L’augmentation du capital d’une société peut en effet s’avérer être une opération indispensable à la viabilité de la société. En outre, s’il existe différentes façons d’augmenter le capital social d’une société, l’augmentation de capital peut se faire notamment en incorporant directement des créances au capital. Cette opération consiste à « transformer » une créance détenue par un associé en capital social.

Toutefois, cette procédure soulève de nombreuses interrogations : quelles sont les différentes manières d’augmenter le capital d’une société ? Qu’est-ce que l’augmentation de capital par compensation de créances ? Quelle est la procédure à suivre ainsi que les points d’attention à avoir ? Pourquoi se faire accompagner par un avocat ?

Me Mirabel-Chambaud décrypte pour vous le sujet de l’augmentation de capital par compensation de créances et répond à toutes vos interrogations.

 

L’augmentation de capital : les différentes procédures

 

Il faut tout d’abord bien comprendre que toute société (SAS, SARL…) détient nécessairement un capital social qui correspond à la somme des apports réalisés par les associés ou les actionnaires en échange de droits sociaux. Ces apports peuvent avoir lieu lors de la création mais également en cas d’augmentation du capital.

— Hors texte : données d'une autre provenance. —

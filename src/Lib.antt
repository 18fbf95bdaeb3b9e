-- ===== src/Lib.antt =====
-- awg-proxy-go: a UDP proxy on RouterOS that lets plain WireGuard peers talk AmneziaWG. The program
-- is Go; this library models its logic and proves what makes it correct.
--
-- The parts and how they interact. A packet arrives at one of the proxy's loops
-- (internal/proxy/server.go, internal/proxy/client.go), which asks the poller
-- (internal/router/poller.go) for the last snapshot of the router's keys, takes the obfuscation off
-- or puts it on (internal/awg/transform.go), and, in server mode, looks up or writes the session
-- table (internal/proxy/sessions.go). Snapshots, NAT rules and peers go over the RouterOS API
-- (internal/router/binapi). The configuration (internal/config/config.go) gives the parameters, and
-- the web interface (internal/api) edits it behind a login. A saved configuration reaches the
-- supervisor (cmd/awgproxy/main.go), which starts a stack of the poller, its hooks and the proxy; the
-- hooks keep the NAT rules of the router after each poll.
--
-- Which file models which part:
--   Wg                internal/wg/message.go
--   Awg.Crypto        internal/awg/mac.go
--   Awg.Transform     internal/awg/transform.go: classify, Deobfuscate, Obfuscate
--   Awg.Junk          internal/awg/transform.go: JunkPackets
--   Awg.Identify      internal/awg/identify.go
--   Proxy.Sessions    internal/proxy/sessions.go
--   Proxy.Server      internal/proxy/server.go: clientLoop is client_packet, serverLoop server_packet
--   Proxy.Client      internal/proxy/client.go: routerLoop is router_packet, awgLoop awg_packet; and
--                     the parameters that New of internal/proxy/proxy.go takes
--   Router.Snapshot   internal/router/poller.go: Snapshot and Upstream
--   Router.Binapi     internal/router/binapi: Codec is codec.go, Conn is conn.go and kvWords, Dialer is
--                     client.go with Dial and login of conn.go
--   Router.Nat        internal/router/nat.go: rules, validate, fields, diffFields
--   Router.Nat.Reconcile   internal/router/nat.go: Ensure and Remove of both reconcilers
--   Config            internal/config/config.go: Settings (types), Defaults, Convert (ToConfig),
--                     Check (validate), Store (Load, Read, Write)
--   Router.Settings   internal/router/poller.go: Config and the modes
--   Router.Keys       internal/router/poller.go: parsePubKey; internal/router/keys.go
--   Router.Poller     internal/router/poller.go: pickUpstream, resolveAddrPort; its Fetch is fetchAPI of
--                     internal/router/api.go with tick and Run of the poller
--   Router.Dialers    internal/router/api.go: Dialer with its cache, callPrint, callAdd, callSet,
--                     callRemove
--   Router.Peers      internal/router/peers.go; its Interface is internal/router/iface.go
--   Router.Api, Router.Table   the operations of a router, and the laws of a RouterOS table
--   Service           cmd/awgproxy/main.go: ports, buildRouterConfig, cleanupStaleRules; Hooks (the
--                     divert hooks: client_tick, server_tick), Stack (startStack, the masquerade hook
--                     and the clean-up), Supervisor (supervise)
--   Auth              internal/api/auth.go: Sessions (tokens), Limiter
--   Web               internal/api/server.go: the server's state, authRequired, protect; Login (login,
--                     logout, gateStatic), Handlers, Routes (Handler is serve); Network is
--                     internal/api/netauto.go, ClientConfig is internal/api/peerconfig.go
--   Prelude           shared lists, bytes, maps, results, texts, base64; Tests has concrete runs.
--
-- How code becomes definitions. A function keeps its name in this spelling: clientInit is
-- client_init. Bytes are numbers below 256, a slice is the list of its bytes; where Go checks a slice
-- expression against the capacity, the bytes behind it are given (Wg.Slice). `int` is the ℤ of
-- Prelude.Int, of 64 bits: sums and differences of configured sizes wrap (Prelude.Machine). A
-- run-time panic is `panic` of Prelude.Panics, in Router.Binapi the failure `panicked`; an error is a
-- value. A map is an association list. Sessions are shared by two maps, so they live on a heap
-- (Proxy.Sessions). A method under a mutex is one step; the turns of the loops are sequences of such steps. The supervisor
-- is a step relation (Service.Supervisor), in which the web interface's writes and signals interleave
-- with its own steps. A handler of the web interface takes the request, a body that did or did not
-- decode, and the state of the server and of the router, and gives the new states and an answer.
--
-- Parameters: BLAKE2s, HMAC, X25519 and the AEAD of golang.org/x/crypto; random bytes and numbers;
-- the time, in nanoseconds; whether a write succeeds; the network of the API (Router.Binapi.Dialer.Net);
-- the router of the reconcilers, the poller and the peers (Router.Api); JSON, the file system and
-- netip.ParseAddr (Config.Store); the DNS and Addr.String (Router.Poller.Resolver); the environment, a
-- TCP dial and a login at the router (Web.World); the network interfaces (Web.Routes.Machine). What is
-- relied on of a RouterOS table is Router.Table.TableLaws, which Tests.Tables fills with a list.
--
-- Fuel. The loops of Recv, login and call run on the bytes that are still to come, plus one: each
-- turn takes a byte at least, so it is enough (Router.Binapi.Conn.Total, Router.Binapi.Dialer.Lifetime).
-- strconv.Itoa runs on the number, plus one. All other loops are structural.
--
-- Not modelled: the armv7 build, where an int has 32 bits, but for the words and sentences of
-- Router.Binapi, which have either width; sockets, goroutines and contexts; main, startWeb and the
-- choice of the log level in cmd/awgproxy; HTTP, JSON and QR encoding; the texts of logs and of
-- errors; web assets, scripts and build files.
pub mod Prelude
pub mod Wg
pub mod Awg
pub mod Auth
pub mod Config
pub mod Router
pub mod Proxy
mod Tests
pub mod Service
pub mod Web
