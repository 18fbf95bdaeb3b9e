-- ===== src/Auth.antt =====
-- internal/api/auth.go: sessions and the limiter of the web login. Every method runs under the mutex
-- of its store. Time is in nanoseconds from Go's zero time, and each method is given its
-- `time.Now()`; none of the times wraps around.
pub mod Sessions
pub mod Limiter
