-- ===== src/Prelude/Panics.antt =====
-- Go code that may panic: it returns a value, or the run-time stops it.
use mathlib.Core.Path.{◌≡◌, refl}

pub data Run {ℓ} (A : Type ℓ) : Type ℓ where
  done : A → Run A
  panic : Run A

infixl 5 ◌>>=◌
abbrev pub ◌>>=◌ {ℓ κ} : {A : Type ℓ} {B : Type κ} → Run A → (A → Run B) → Run B
done a >>= f = f a
panic >>= f = panic

abbrev pub panics {ℓ κ} : {A : Type ℓ} {B : Type κ} → A → Run B
panics a = panic

pub >>=-panic {ℓ κ} : {A : Type ℓ} {B : Type κ} (m : Run A) → (m >>= panics {B = B}) ≡ panic
>>=-panic (done a) = refl
>>=-panic panic = refl

pub >>=-eq-done {ℓ κ} :
    {A : Type ℓ} {B : Type κ} (m : Run A) (f : A → Run B) {b : B}
    → (m >>= f) ≡ done b
    → (a : A) × (m ≡ done a) × (f a ≡ done b)
>>=-eq-done (done a) f h = (a, refl, h)
>>=-eq-done panic f h = cc
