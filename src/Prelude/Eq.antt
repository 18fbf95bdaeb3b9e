-- ===== src/Prelude/Eq.antt =====
-- Types whose values Go compares by `==`.
use Prim.Native.Nat.{ℕ}
use Prim.Native.String.{String}
use mathlib.Core.Path.{◌≡◌, refl}
use mathlib.Core.Logic.{◌↔◌, ◌≢◌, ◌⊎◌, inl, inr}
use mathlib.Core.Bool.{Bool, true, false, ◌&&◌}
use mathlib.Core.List.{List, [], ◌∷◌}
use native.Mathlib.Omega.{arith}
use text.Mathlib.Text.{◌==◌ as str_beq}
use text.Mathlib.TextEquality.{eq_iff}
use awg_proxy_go.Prelude.Tests.{◌==◌ as nat_beq, ==_iff, Bool-cases}

pub record Comparable {ℓ} (A : Type ℓ) : Type ℓ where
  pub equals : A → A → Bool
  pub equals_iff : (a b : A) → (equals a b ≡ true) ↔ (a ≡ b)

infix 50 ◌==◌
abbrev pub ◌==◌ {ℓ} : {A : Type ℓ} ⦃e : Comparable A⦄ → A → A → Bool
◌==◌ ⦃e⦄ = e.equals

-- Values that `==` tells apart are different.
pub equals-ne {ℓ} : {A : Type ℓ} ⦃e : Comparable A⦄ (a b : A) → (a == b) ≡ false → a ≢ b
equals-ne ⦃e⦄ a b apart same = cc ((e.equals_iff a b).1 same, apart)

pub ne-equals {ℓ} : {A : Type ℓ} ⦃e : Comparable A⦄ (a b : A) → a ≢ b → (a == b) ≡ false
ne-equals ⦃e⦄ a b apart = elim (Bool-cases (e.equals a b)) [
  | inl same ↦ absurd (apart ((e.equals_iff a b).0 same))
  | inr other ↦ other
]

pub equals-cases {ℓ} : {A : Type ℓ} ⦃e : Comparable A⦄ (a b : A) → (a ≡ b) ⊎ (a ≢ b)
equals-cases ⦃e⦄ a b = elim (Bool-cases (e.equals a b)) [
  | inl same ↦ inl ((e.equals_iff a b).0 same)
  | inr other ↦ inr (equals-ne a b other)
]

abbrev pub list_beq {ℓ} : {A : Type ℓ} ⦃e : Comparable A⦄ → List A → List A → Bool
list_beq [] [] = true
list_beq [] (y ∷ ys) = false
list_beq (x ∷ xs) [] = false
list_beq (x ∷ xs) (y ∷ ys) = x == y && list_beq xs ys

pub list_equals_iff {ℓ} :
    {A : Type ℓ} ⦃e : Comparable A⦄ (xs ys : List A) → (list_beq xs ys ≡ true) ↔ (xs ≡ ys)
list_equals_iff [] [] = ((λ h. refl), (λ h. refl))
list_equals_iff [] (y ∷ ys) = ((λ h. cc), (λ h. cc))
list_equals_iff (x ∷ xs) [] = ((λ h. cc), (λ h. cc))
list_equals_iff ⦃e⦄ (x ∷ xs) (y ∷ ys) = ground (arith, e.equals_iff x y, list_equals_iff xs ys)

instance abbrev pub nat_eq : Comparable ℕ
nat_eq = record { equals = nat_beq; equals_iff = ==_iff }

instance abbrev pub string_eq : Comparable String
string_eq = record { equals = str_beq; equals_iff = eq_iff }

instance abbrev pub list_eq {ℓ} : {A : Type ℓ} ⦃e : Comparable A⦄ → Comparable (List A)
list_eq = record { equals = list_beq; equals_iff = list_equals_iff }
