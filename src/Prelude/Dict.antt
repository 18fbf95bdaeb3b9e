-- ===== src/Prelude/Dict.antt =====
-- Go's maps as association lists: a key has the value of its first entry.
use mathlib.Core.Path.{◌≡◌, refl}
use mathlib.Core.Logic.{◌≢◌, ◌⊎◌}
use mathlib.Core.List.{List, [], ◌∷◌}
use mathlib.Core.Option.{Option, none, some}
use native.Mathlib.Omega.{arith}
use awg_proxy_go.Prelude.Tests.{if◌then◌else◌}
use awg_proxy_go.Prelude.Eq.{Comparable, ◌==◌}

abbrev pub Dict {ℓ} : Type ℓ → Type ℓ → Type ℓ
Dict K V = List (K × V)

-- The first value that there is.
abbrev pub first_of {ℓ} : {A : Type ℓ} → Option A → Option A → Option A
first_of (some v) o = some v
first_of none o = o

module _ {ℓ} {K V : Type ℓ} ⦃e : Comparable K⦄ where
  unfoldable pub lookup : K → Dict K V → Option V
  lookup k [] = none
  lookup k ((j, v) ∷ es) = if j == k then some v else lookup k es

  -- m[k] = v
  unfoldable pub insert : K → V → Dict K V → Dict K V
  insert k v [] = (k, v) ∷ []
  insert k v ((j, w) ∷ es) = if j == k then (k, v) ∷ es else (j, w) ∷ insert k v es

  -- delete(m, k)
  unfoldable pub delete : K → Dict K V → Dict K V
  delete k [] = []
  delete k ((j, w) ∷ es) = if j == k then delete k es else (j, w) ∷ delete k es

  pub lookup-insert :
      (k j : K) (v : V) (es : Dict K V)
      → lookup j (insert k v es) ≡ (if k == j then some v else lookup j es)
  unfolding lookup insert
  lookup-insert k j v [] = refl
  lookup-insert k j v ((i, w) ∷ es) =
      ground (arith, e.equals_iff k j, e.equals_iff i k, e.equals_iff i j, lookup-insert k j v es)

  pub lookup-delete :
      (k j : K) (es : Dict K V) → lookup j (delete k es) ≡ (if k == j then none else lookup j es)
  unfolding lookup delete
  lookup-delete k j [] = ground arith
  lookup-delete k j ((i, w) ∷ es) =
      ground (arith, e.equals_iff k j, e.equals_iff i k, e.equals_iff i j, lookup-delete k j es)

  pub lookup-insert_self : (k : K) (v : V) (es : Dict K V) → lookup k (insert k v es) ≡ some v
  lookup-insert_self k v es = ground (arith, lookup-insert k k v es, e.equals_iff k k)

  pub lookup-insert_ne :
      (k j : K) (v : V) (es : Dict K V) → k ≢ j → lookup j (insert k v es) ≡ lookup j es
  lookup-insert_ne k j v es h = ground (arith, lookup-insert k j v es, e.equals_iff k j)

  -- Where an entry of a map with one more assignment comes from.
  pub insert_cases :
      (k j : K) (v w : V) (es : Dict K V)
      → lookup j (insert k v es) ≡ some w
      → ((k ≡ j) × (v ≡ w)) ⊎ (lookup j es ≡ some w)
  insert_cases k j v w es h = ground (arith, lookup-insert k j v es, e.equals_iff k j)

  pub lookup-delete_self : (k : K) (es : Dict K V) → lookup k (delete k es) ≡ none
  lookup-delete_self k es = ground (arith, lookup-delete k k es, e.equals_iff k k)

  pub delete_cases :
      (k j : K) (w : V) (es : Dict K V)
      → lookup j (delete k es) ≡ some w
      → (k ≢ j) × (lookup j es ≡ some w)
  delete_cases k j w es h = (
    (λ same. ground (arith, lookup-delete k j es, e.equals_iff k j)),
    ground (arith, lookup-delete k j es, e.equals_iff k j),
  )

  pub lookup-delete_ne : (k j : K) (es : Dict K V) → k ≢ j → lookup j (delete k es) ≡ lookup j es
  lookup-delete_ne k j es h = ground (arith, lookup-delete k j es, e.equals_iff k j)

  -- Each key stands once, as in a map.
  abbrev pub Distinct : Dict K V → Type ℓ
  Distinct [] = Unit
  Distinct ((k, v) ∷ es) = (lookup k es ≡ none) × Distinct es

  pub Distinct-insert : (k : K) (v : V) (es : Dict K V) → Distinct es → Distinct (insert k v es)
  unfolding lookup insert
  Distinct-insert k v [] d = (refl, tt)
  Distinct-insert k v ((j, w) ∷ es) d = ground (
    arith,
    e.equals_iff j k,
    Distinct-insert k v es d.1,
    lookup-insert k j v es,
    e.equals_iff k j,
  )

  pub Distinct-delete : (k : K) (es : Dict K V) → Distinct es → Distinct (delete k es)
  unfolding lookup delete
  Distinct-delete k [] d = tt
  Distinct-delete k ((j, w) ∷ es) d =
      ground
        (arith, e.equals_iff j k, Distinct-delete k es d.1, lookup-delete k j es, e.equals_iff k j)

  pub lookup-cons_head : (k : K) (v : V) (es : Dict K V) → lookup k ((k, v) ∷ es) ≡ some v
  unfolding lookup
  lookup-cons_head k v es = ground (arith, e.equals_iff k k)

  pub lookup-cons_tail :
      (k j : K) (v w : V) (es : Dict K V)
      → lookup j es ≡ none
      → lookup k es ≡ some w
      → lookup k ((j, v) ∷ es) ≡ some w
  unfolding lookup
  lookup-cons_tail k j v w es absent h = ground (arith, e.equals_iff j k)

  pub first_of-insert :
      (k j : K) (v : V) (es later : Dict K V)
      → lookup k es ≡ none
      → first_of (lookup j es) (lookup j (insert k v later))
        ≡ first_of (lookup j ((k, v) ∷ es)) (lookup j later)
  unfolding lookup
  first_of-insert k j v es later h = ground (arith, lookup-insert k j v later, e.equals_iff k j)
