-- ===== src/Auth/Limiter.antt =====
-- internal/api/auth.go: the limiter of failed logins, by the client's address.
pub mod Lockout
use Prim.Native.Nat.{◌*◌}
use awg_proxy_go.Prelude.{
  ℕ, suc, ◌+◌, ◌-◌, Bool, true, false, not, String, [], Option, none, some, ltb, leb, if◌then◌else◌,
}
use awg_proxy_go.Prelude.Eq.{string_eq}
use awg_proxy_go.Prelude.Dict.{Dict, lookup, insert, delete}

abbrev pub max_fails : ℕ
max_fails = 5

abbrev pub fail_window : ℕ
fail_window = 300 * 1000000000

abbrev pub lockout_time : ℕ
lockout_time = 300 * 1000000000

pub record Attempt : Type 0 where
  pub fails : ℕ
  pub first : ℕ
  pub lock_until : ℕ

abbrev pub Limits : Type 0
Limits = Dict String Attempt

abbrev pub new_limiter : Limits
new_limiter = []

-- time.Until(t) is negative for a time in the past, which counts as no wait.
unfoldable pub allowed : Limits → String → ℕ → Bool × ℕ
unfolding lookup
allowed l key now = elim (lookup key l) [
  | none ↦ (true, 0)
  | some a ↦ if ltb now a.lock_until then (false, a.lock_until - now) else (true, 0)
]

abbrev pub fresh : ℕ → Attempt
fresh now = record { fails = 0; first = now; lock_until = 0 }

current_attempt : Option Attempt → ℕ → Attempt
current_attempt none now = fresh now
current_attempt (some a) now = if ltb fail_window (now - a.first) then fresh now else a

abbrev pub counted : Attempt → ℕ → Attempt
counted a now =
    if leb max_fails (suc a.fails)
    then record { fails = 0; first = now; lock_until = now + lockout_time }
    else record a { fails = suc a.fails }

unfoldable pub fail : Limits → String → ℕ → Limits
unfolding lookup insert current_attempt
fail l key now = insert key (counted (current_attempt (lookup key l) now) now) l

unfoldable pub reset : Limits → String → Limits
unfolding delete
reset l key = delete key l
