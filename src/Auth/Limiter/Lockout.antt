-- ===== src/Auth/Limiter/Lockout.antt =====
-- auth.go: when a client is locked out.
use awg_proxy_go.Prelude.{
  ℕ, suc, ◌+◌, ◌≤◌, ◌<◌, ◌≡◌, ◌↔◌, refl, true, String, List, [], ◌∷◌, none, some, arith, length,
  ◌∙◌, ap,
}
use awg_proxy_go.Prelude.Eq.{string_eq}
use awg_proxy_go.Prelude.Dict.{lookup, lookup-insert_self}
use awg_proxy_go.Auth.Limiter.{
  Limits, Attempt, max_fails, fail_window, lockout_time, allowed, current_attempt, counted, fail,
}

-- The failures of one client, at the times of the list.
abbrev pub fail_at : Limits → String → List ℕ → Limits
fail_at l key [] = l
fail_at l key (now ∷ times) = fail_at (fail l key now) key times

-- The times do not fall, and lie within a window from `first`.
abbrev pub InWindow : ℕ → ℕ → List ℕ → Type 0
InWindow first last [] = Unit
InWindow first last (now ∷ times) =
    (last ≤ now) × (now ≤ first + fail_window) × InWindow first now times

lookup-fail :
    (l : Limits) (key : String) (now : ℕ)
    → lookup key (fail l key now) ≡ some (counted (current_attempt (lookup key l) now) now)
unfolding fail
lookup-fail l key now = lookup-insert_self key _ l

abbrev pub open_attempt : ℕ → ℕ → Attempt
open_attempt n first = record { fails = n; first = first; lock_until = 0 }

counted-open :
    (n first now : ℕ)
    → now ≤ first + fail_window
    → suc n < max_fails
    → counted (current_attempt (some (open_attempt n first)) now) now ≡ open_attempt (suc n) first
unfolding current_attempt
counted-open n first now w h = ground arith

-- Failures in one window are counted.
fail_at-counts :
    (l : Limits) (key : String) (times : List ℕ) (n first last : ℕ)
    → lookup key l ≡ some (open_attempt n first)
    → InWindow first last times
    → n + length times < max_fails
    → lookup key (fail_at l key times) ≡ some (open_attempt (n + length times) first)
fail_at-counts l key [] n first last e w h = e ∙ ap (λ k. some (open_attempt k first)) (omega arith)
fail_at-counts l key (now ∷ times) n first last e w h =
    fail_at-counts (fail l key now) key times (suc n) first now
      (lookup-fail l key now
        ∙ ap (λ o. some (counted (current_attempt o now) now)) e
        ∙ ap some (counted-open n first now w.1 (omega arith)))
      w.2 (omega arith)
    ∙ ap (λ k. some (open_attempt k first)) (omega arith)

-- The failures of a client that has no entry, the first of them at `first`.
first_fails :
    (l : Limits) (key : String) (times : List ℕ) (first : ℕ)
    → lookup key l ≡ none
    → InWindow first first times
    → length times < 4
    → lookup key (fail_at l key (first ∷ times)) ≡ some (open_attempt (suc (length times)) first)
first_fails l key times first e w h =
    fail_at-counts (fail l key first) key times 1 first first
      (lookup-fail l key first ∙ unfold current_attempt in rw e refl) w (omega arith)
    ∙ ap (λ k. some (open_attempt k first)) (omega arith)

allowed_at :
    (l : Limits) (key : String) (now : ℕ) (a : Attempt)
    → lookup key l ≡ some a
    → ((allowed l key now).0 ≡ true) ↔ (a.lock_until ≤ now)
unfolding allowed
allowed_at l key now a e = ground (arith, e)

-- A client without an entry may try on after one to four failures that lie in five minutes, counted
-- from the first.
pub allowed_below :
    (l : Limits) (key : String) (times : List ℕ) (first now : ℕ)
    → lookup key l ≡ none
    → InWindow first first times
    → length times < 4
    → (allowed (fail_at l key (first ∷ times)) key now).0 ≡ true
allowed_below l key times first now e w h =
    (allowed_at _ key now _ (first_fails l key times first e w h)).1 (omega arith)

-- After five failures that lie in five minutes, counted from the first, a client that had no entry
-- is locked out: it may try again exactly from five minutes after the fifth failure on.
pub lockout :
    (l : Limits) (key : String) (times : List ℕ) (first fifth now : ℕ)
    → lookup key l ≡ none
    → InWindow first first times
    → length times ≡ 3
    → fifth ≤ first + fail_window
    → ((allowed (fail (fail_at l key (first ∷ times)) key fifth) key now).0 ≡ true)
      ↔ (fifth + lockout_time ≤ now)
lockout l key times first fifth now e w h late =
    allowed_at _ key now (record { fails = 0; first = fifth; lock_until = fifth + lockout_time })
      (lookup-fail (fail_at l key (first ∷ times)) key fifth
        ∙ ap (λ o. some (counted (current_attempt o fifth) fifth))
            (first_fails l key times first e w (omega arith))
        ∙ ap some (fifth_counted (length times) h))
  where
    fifth_counted :
        (k : ℕ)
        → k ≡ 3
        → counted (current_attempt (some (open_attempt (suc k) first)) fifth) fifth
          ≡ record { fails = 0; first = fifth; lock_until = fifth + lockout_time }
    fifth_counted k three = unfold current_attempt in ground arith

Ainsi, lors de la création d’une société, les associés vont décider ensemble du montant du capital social à apporter. En outre, sachez qu’il n’existe pas de minimum imposé puisque vous pouvez constituer une société avec un capital social d’un euro seulement (exception faite dans les sociétés anonymes où le Code de commerce impose que le capital social soit « de 37 000 € au moins »).

A noter : attention toutefois, bien qu’autorisé, il n’est pas recommandé de constituer une société avec un capital d’un euro. Le risque est grand et vous manquerez de crédibilité aux yeux de vos partenaires bancaires, fournisseurs, clients, etc. 

Toutefois, le capital social n’est pas figé dans le marbre et peut être amené à évoluer au cours de la vie de la société.

Il est ainsi tout à fait possible de procéder à une augmentation du capital soit :

  • en émettant de nouveaux titres (parts sociales dans les SARL ou actions dans les SAS) ;
  • en majorant le montant nominal des titres existants.

Si vous décidez de procéder à une augmentation de capital via l’émission de nouveaux titres, ceux-ci sont, d’après le Code de commerce, « libérés soit par apport en numéraire y compris par compensation avec des créances liquides et exigibles sur la société, soit par apport en nature, soit par incorporation de réserves, bénéfices ou primes d'émission, soit en conséquence d'une fusion ou d'une scission ».

Ainsi, la loi permet, en plus de la possibilité d’augmenter le capital de la société par compensation de créances, de procéder à une augmentation de capital de multiples façons. Mais quelles sont-elles ?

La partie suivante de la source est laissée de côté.